The decision is also consistent with a long Brazilian tradition of construing public policy narrowly in cross-border cases. As noted in a recent article, Brazilian law was frequently referenced in Ernst Rabel’s writings. For instance, Rabel noted how Brazilian Courts would recognise foreign divorces at a time when divorce was not yet permissible in Brazil. HDE 7.091/EX fits that pattern: foreign status effects may be recognised even when domestic law would not have produced the same result internally.

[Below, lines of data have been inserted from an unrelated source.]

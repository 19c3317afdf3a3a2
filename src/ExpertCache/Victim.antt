-- ===== src/ExpertCache/Victim.antt =====
-- What `_victim` returns: a free slot if there is one, else the least recently used of those that
-- may be taken.
use mathlib.Core.Path.{subst, sym}
use vllm_exl3_plugin.Base.{
  ℕ, zero, suc, ◌+◌, ◌≤◌, ◌<◌, ◌≡◌, ◌⊎◌, inl, inr, ◌≢◌, refl, true, false, ◌&&◌, not, Option, none,
  some, arith, ltb, Option-cases, Bool-cases, dec_lt,
}
use vllm_exl3_plugin.ExpertCache.State.{Layout, Cache, capacity}
use vllm_exl3_plugin.ExpertCache.Lru.{first_free, used_since, older, Best, consider, oldest, victim}

first_free-eq-some :
    (owners : ℕ → Option ℕ) (s n t : ℕ)
    → first_free owners s n ≡ some t
    → (s ≤ t) × (t < s + n) × (owners t ≡ none)
unfolding first_free
first_free-eq-some owners s zero t h = absurd (ground arith)
first_free-eq-some owners s (suc n) t h = elim (Option-cases (owners s)) [
  | inl e ↦ ground arith
  | inr (o, e) ↦
      let (a, b, f) = first_free-eq-some owners (suc s) n t (ground arith) in
      (omega arith, omega arith, f)
]

first_free-eq-none :
    (owners : ℕ → Option ℕ) (s n t : ℕ)
    → first_free owners s n ≡ none
    → s ≤ t
    → t < s + n
    → (e : ℕ) × (owners t ≡ some e)
unfolding first_free
first_free-eq-none owners s zero t h a b = absurd (omega arith)
first_free-eq-none owners s (suc n) t h a b = elim (Option-cases (owners s)) [
  | inl e ↦ absurd (ground arith)
  | inr (o, e) ↦ elim (dec_lt s t) [
    | yes p ↦ first_free-eq-none owners (suc s) n t (ground arith) (omega arith) (omega arith)
    | no p ↦ let same : s ≡ t = omega arith in (o, ground arith)
  ]
]

-- The place of a last use in time, from 0 for never.
abbrev pub age : Option ℕ → ℕ
age none = 0
age (some t) = suc t

older-age : (a b : Option ℕ) → older a b ≡ ltb (age a) (age b)
older-age none none = refl
older-age none (some t) = ground arith
older-age (some t) none = ground arith
older-age (some t) (some u) = ground arith

module _ (c : Cache) (l : ℕ) where
  -- A slot whose expert's copy has landed and that was not routed in the step being planned from.
  pub record Takeable (s : ℕ) (e : ℕ) : Type 0 where
    pub owned : c.owner l s ≡ some e
    pub live : c.live l e ≡ true
    pub unrouted : used_since (c.last_use l e) c.clock ≡ false

  consider-eq-none :
      (s : ℕ) (best : Best)
      → consider c l s best ≡ none
      → (best ≡ none) × ((e : ℕ) → ¬ Takeable s e)
  unfolding consider
  consider-eq-none s none h = (refl, λ e t. ground arith)
  consider-eq-none s (some (b, u)) h = absurd (ground arith)

  consider-eq-some :
      (s : ℕ) (best : Best) (b : ℕ) (u : Option ℕ)
      → consider c l s best ≡ some (b, u)
      → ((best ≡ some (b, u)) ⊎ ((e : ℕ) × (b ≡ s) × Takeable s e × (c.last_use l e ≡ u)))
        × ((e : ℕ) → Takeable s e → age u ≤ age (c.last_use l e))
        × ((b' : ℕ) (u' : Option ℕ) → best ≡ some (b', u') → age u ≤ age u')
  unfolding consider
  consider-eq-some s none b u h = elim (Option-cases (c.owner l s)) [
    | inl o ↦ absurd (ground arith)
    | inr (e, o) ↦ (
      inr (e, ground arith, ground arith, ground arith),
      λ e' t. let same : e' ≡ e = ground (arith, t.owned) in ground arith,
      λ b' u' f. absurd (ground arith),
    )
  ]
  consider-eq-some s (some (b0, u0)) b u h = elim (Option-cases (c.owner l s)) [
    | inl o ↦
        (inl (ground arith), λ e' t. absurd (ground (arith, t.owned)), λ b' u' f. ground arith)
    | inr (e, o) ↦
        elim (Bool-cases
          (c.live l e && not (used_since (c.last_use l e) c.clock) && older (c.last_use l e) u0)) [
            | inl taken ↦ (
              inr (e, ground arith, ground arith, ground arith),
              λ e' t. let same : e' ≡ e = ground (arith, t.owned) in ground arith,
              λ b' u' f. ground (arith, older-age (c.last_use l e) u0),
            )
            | inr kept ↦ (
              inl (ground arith),
              λ e' t.
                  let same : e' ≡ e = ground (arith, t.owned) in
                  ground (arith, t.live, t.unrouted, older-age (c.last_use l e) u0),
              λ b' u' f. ground arith,
            )
          ]
  ]

  oldest-eq-none :
      (s n : ℕ) (best : Best)
      → oldest c l s n best ≡ none
      → (best ≡ none) × ((t e : ℕ) → s ≤ t → t < s + n → ¬ Takeable t e)
  unfolding oldest
  oldest-eq-none s zero best h = (h, λ t e a b k. omega arith)
  oldest-eq-none s (suc n) best h =
      let (stays, later) = oldest-eq-none (suc s) n (consider c l s best) h in
      let (start, here) = consider-eq-none s best stays in
      (
        start,
        λ t e a b k. elim (dec_lt s t) [
          | yes p ↦ later t e (omega arith) (omega arith) k
          | no p ↦ let same : t ≡ s = omega arith in here e (subst (λ x. Takeable x e) same k)
        ],
      )

  abbrev Origin : ℕ → ℕ → Best → ℕ → Option ℕ → Type 0
  Origin s n best b u =
      (best ≡ some (b, u)) ⊎ ((e : ℕ) × (s ≤ b) × (b < s + n) × Takeable b e × (c.last_use l e ≡ u))

  later-Origin :
      (s n : ℕ) (best : Best) (b : ℕ) (u : Option ℕ)
      → consider c l s best ≡ none
      → Origin (suc s) n (consider c l s best) b u
      → (e : ℕ) × (s ≤ b) × (b < s + suc n) × Takeable b e × (c.last_use l e ≡ u)
  later-Origin s n best b u h (inl f) = absurd (ground arith)
  later-Origin s n best b u h (inr (e, p, q, k, f)) = (e, omega arith, omega arith, k, f)

  join-Origin :
      (s n : ℕ) (best : Best) (b : ℕ) (u : Option ℕ) (b1 : ℕ) (u1 : Option ℕ)
      → consider c l s best ≡ some (b1, u1)
      → Origin (suc s) n (consider c l s best) b u
      → (best ≡ some (b1, u1)) ⊎ ((e : ℕ) × (b1 ≡ s) × Takeable s e × (c.last_use l e ≡ u1))
      → Origin s (suc n) best b u
  join-Origin s n best b u b1 u1 h (inr (e, p, q, k, f)) o = inr (e, omega arith, omega arith, k, f)
  join-Origin s n best b u b1 u1 h (inl f) (inl g) = inl (ground arith)
  join-Origin s n best b u b1 u1 h (inl f) (inr (e, p, k, g)) =
      let same : b ≡ s = ground arith in
      inr (e, omega arith, omega arith, subst (λ x. Takeable x e) (sym same) k, ground arith)

  oldest-eq-some :
      (s n : ℕ) (best : Best) (b : ℕ) (u : Option ℕ)
      → oldest c l s n best ≡ some (b, u)
      → Origin s n best b u
        × ((t e : ℕ) → s ≤ t → t < s + n → Takeable t e → age u ≤ age (c.last_use l e))
        × ((b' : ℕ) (u' : Option ℕ) → best ≡ some (b', u') → age u ≤ age u')
  unfolding oldest
  oldest-eq-some s zero best b u h =
      (inl h, λ t e p q k. absurd (omega arith), λ b' u' f. ground arith)
  oldest-eq-some s (suc n) best b u h =
      let (from, least, below) = oldest-eq-some (suc s) n (consider c l s best) b u h in
      elim (Option-cases (consider c l s best)) [
        | inl e1 ↦
            let (start, here) = consider-eq-none s best e1 in
            (
              inr (later-Origin s n best b u e1 from),
              λ t e p q k. elim (dec_lt s t) [
                | yes r ↦ least t e (omega arith) (omega arith) k
                | no r ↦
                    let same : t ≡ s = omega arith in
                    absurd (here e (subst (λ x. Takeable x e) same k))
              ],
              λ b' u' f. absurd (ground arith),
            )
        | inr ((b1, u1), e1) ↦
            let (origin, here, prior) = consider-eq-some s best b1 u1 e1 in
            let down : age u ≤ age u1 = below b1 u1 e1 in
            (
              join-Origin s n best b u b1 u1 e1 from origin,
              λ t e p q k. elim (dec_lt s t) [
                | yes r ↦ least t e (omega arith) (omega arith) k
                | no r ↦
                    let same : t ≡ s = omega arith in
                    omega (arith, here e (subst (λ x. Takeable x e) same k))
              ],
              λ b' u' f. omega (arith, prior b' u' f),
            )
      ]

abbrev pub Chosen : Layout → Cache → ℕ → ℕ → Type 0
Chosen K c l s =
    (e : ℕ) × Takeable c l s e
    × ((t e' : ℕ)
        → t < capacity K l
        → Takeable c l t e'
        → age (c.last_use l e) ≤ age (c.last_use l e'))

taken_victim :
    (K : Layout) (c : Cache) (l s b : ℕ) (u : Option ℕ)
    → b ≡ s
    → ((t : ℕ) → t < capacity K l → c.owner l t ≢ none)
    → Origin c l 0 (capacity K l) none b u
    → ((t e : ℕ) → 0 ≤ t → t < 0 + capacity K l → Takeable c l t e → age u ≤ age (c.last_use l e))
    → (s < capacity K l)
      × ((c.owner l s ≡ none)
          ⊎ (((t : ℕ) → t < capacity K l → c.owner l t ≢ none) × Chosen K c l s))
taken_victim K c l s b u same full (inl f) least = absurd (ground arith)
taken_victim K c l s b u same full (inr (e, p, q, k, f)) least = (
  omega arith,
  inr (
    full,
    (
      e,
      subst (λ x. Takeable c l x e) same k,
      λ t e' r k'. rw f (least t e' (omega arith) (omega arith) k'),
    ),
  ),
)

-- The slot that `_victim` returns exists. It is free, or no slot is free and it holds an expert
-- that may be taken, used no later than any other expert that may be taken.
pub victim-eq-some :
    (K : Layout) (c : Cache) (l s : ℕ)
    → victim K c l ≡ some s
    → (s < capacity K l)
      × ((c.owner l s ≡ none)
          ⊎ (((t : ℕ) → t < capacity K l → c.owner l t ≢ none) × Chosen K c l s))
unfolding victim
victim-eq-some K c l s h = elim (Option-cases (first_free (c.owner l) 0 (capacity K l))) [
  | inr (t, f) ↦
      let same : t ≡ s = ground arith in
      let (a, b, free) = first_free-eq-some (c.owner l) 0 (capacity K l) t f in
      (omega arith, inl (rw (← same) free))
  | inl f ↦ elim (Option-cases (oldest c l 0 (capacity K l) none)) [
    | inl g ↦ absurd (ground arith)
    | inr ((b, u), g) ↦
        let same : b ≡ s = ground arith in
        let (origin, least, _) = oldest-eq-some c l 0 (capacity K l) none b u g in
        taken_victim K c l s b u same
          (λ t p.
            let (e, held) =
              first_free-eq-none (c.owner l) 0 (capacity K l) t f (omega arith) (omega arith) in
            ground arith)
          origin least
  ]
]

-- No slot is returned only if every slot is held by an expert that may not be taken.
pub victim-eq-none :
    (K : Layout) (c : Cache) (l t : ℕ)
    → victim K c l ≡ none
    → t < capacity K l
    → (e : ℕ) × (c.owner l t ≡ some e) × (¬ Takeable c l t e)
unfolding victim
victim-eq-none K c l t h b = elim (Option-cases (first_free (c.owner l) 0 (capacity K l))) [
  | inr (f, e) ↦ absurd (ground arith)
  | inl free ↦ elim (Option-cases (oldest c l 0 (capacity K l) none)) [
    | inr ((v, u), g) ↦ absurd (ground arith)
    | inl g ↦
        let (e, held) =
          first_free-eq-none (c.owner l) 0 (capacity K l) t free (omega arith) (omega arith) in
        let (_, untakeable) = oldest-eq-none c l 0 (capacity K l) none g in
        (e, held, untakeable t e (omega arith) (omega arith))
  ]
]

Ultimately, HDE 7.091/EX is a restrained and technically precise decision. It does not liberalise Brazilian internal surname law. It does not dissolve the state’s control over civil status. What it does is confirm that ordre public remains a high threshold in recognition proceedings of foreign rulings. In an era of increasing personal mobility and multi-layered identities, this approach reinforces a central intuition of private international law: the stability of personal status across borders is itself a value worthy of legal protection.

 

3 replies
  1. Ted Folkman says:

    Thank you for this interesting report. If I may offer a minor correction: the name change proceeding was in the Supreme Court of New York for Suffolk County (New York calls its first-instance court the “Supreme Court”), not the Supreme Judicial Court for Suffolk County, which is what Massachusetts calls the single-justice session of its highest appellate court.

  2. Dr. Kishor Shankar Dere FCIArb says:

    Life is not as easy as it appears to be. Law adds to the complexities. Prof Dr João Costa-Neto and Dr Pedro Pagano Payne’s post points out how difficult it is for an individual even to change his or her name after moving from one jurisdiction. It is a long saga replete with ordeals.
    In Common Law systems, name change is relatively less cumbersome, usually via unilateral instruments, of course subject to few administrative clearances. In Civil Law jurisdictions such as Germany and Austria, name changes are, however, treated as exceptional and therefore, necessitate an ‘important or relevant reason’ under public-law procedures. Thus, for some legal systems, it is basically an element of personal identity while for others it is part and parcel of a structured institution that is rooted in family and wider public-order concerns. Although Brazil is a civil law jurisdiction, in recognition proceedings, it is commendable that Brazil’s apex Court with private law jurisdiction undoubtedly preferred continuity of status formed at the domicile. Therefore, stability of personal status across borders is itself a value worthy of legal protection, aptly remark the authors.

  3. Francisco Suárez says:

    Thank you for your interesting post.
    This decision is perhaps an example of the difficulties we have in Latin-America in determining the right recognition method for foreign decisions which perhaps do not have a contentious nature, as well as other acts of civil status. Subjecting them to exequatur procedures may be fine, but recognition judges will then have to juggle with controlling indirect jurisdiction, questions of effectiveness and res judicata or due notice of claims, in cases in which these elements are not self-evident in the foreign procedure. It also highlights problems in controlling the right requisites after deciding which method to use. If controlling the foreign judgment through art 963 of the Brazilian CPC, an analysis of the applicable law under art 7 of LINDB seems odd. Controlling applicable law to vested rights in matters of status could undermine the very principle of continuity. This is why Latin-American countries have recognition clauses (see art. 7 of the Inter-American Convention on General Rules of PIL) to correct the results created by their conflict-of-law rules when generating limping situations.
    In Venezuela, we suffer from the same problems that our Brazilian friends. However, the treatment of public policy made by the judgment is indeed encouraging. Thank you again for sharing your analysis!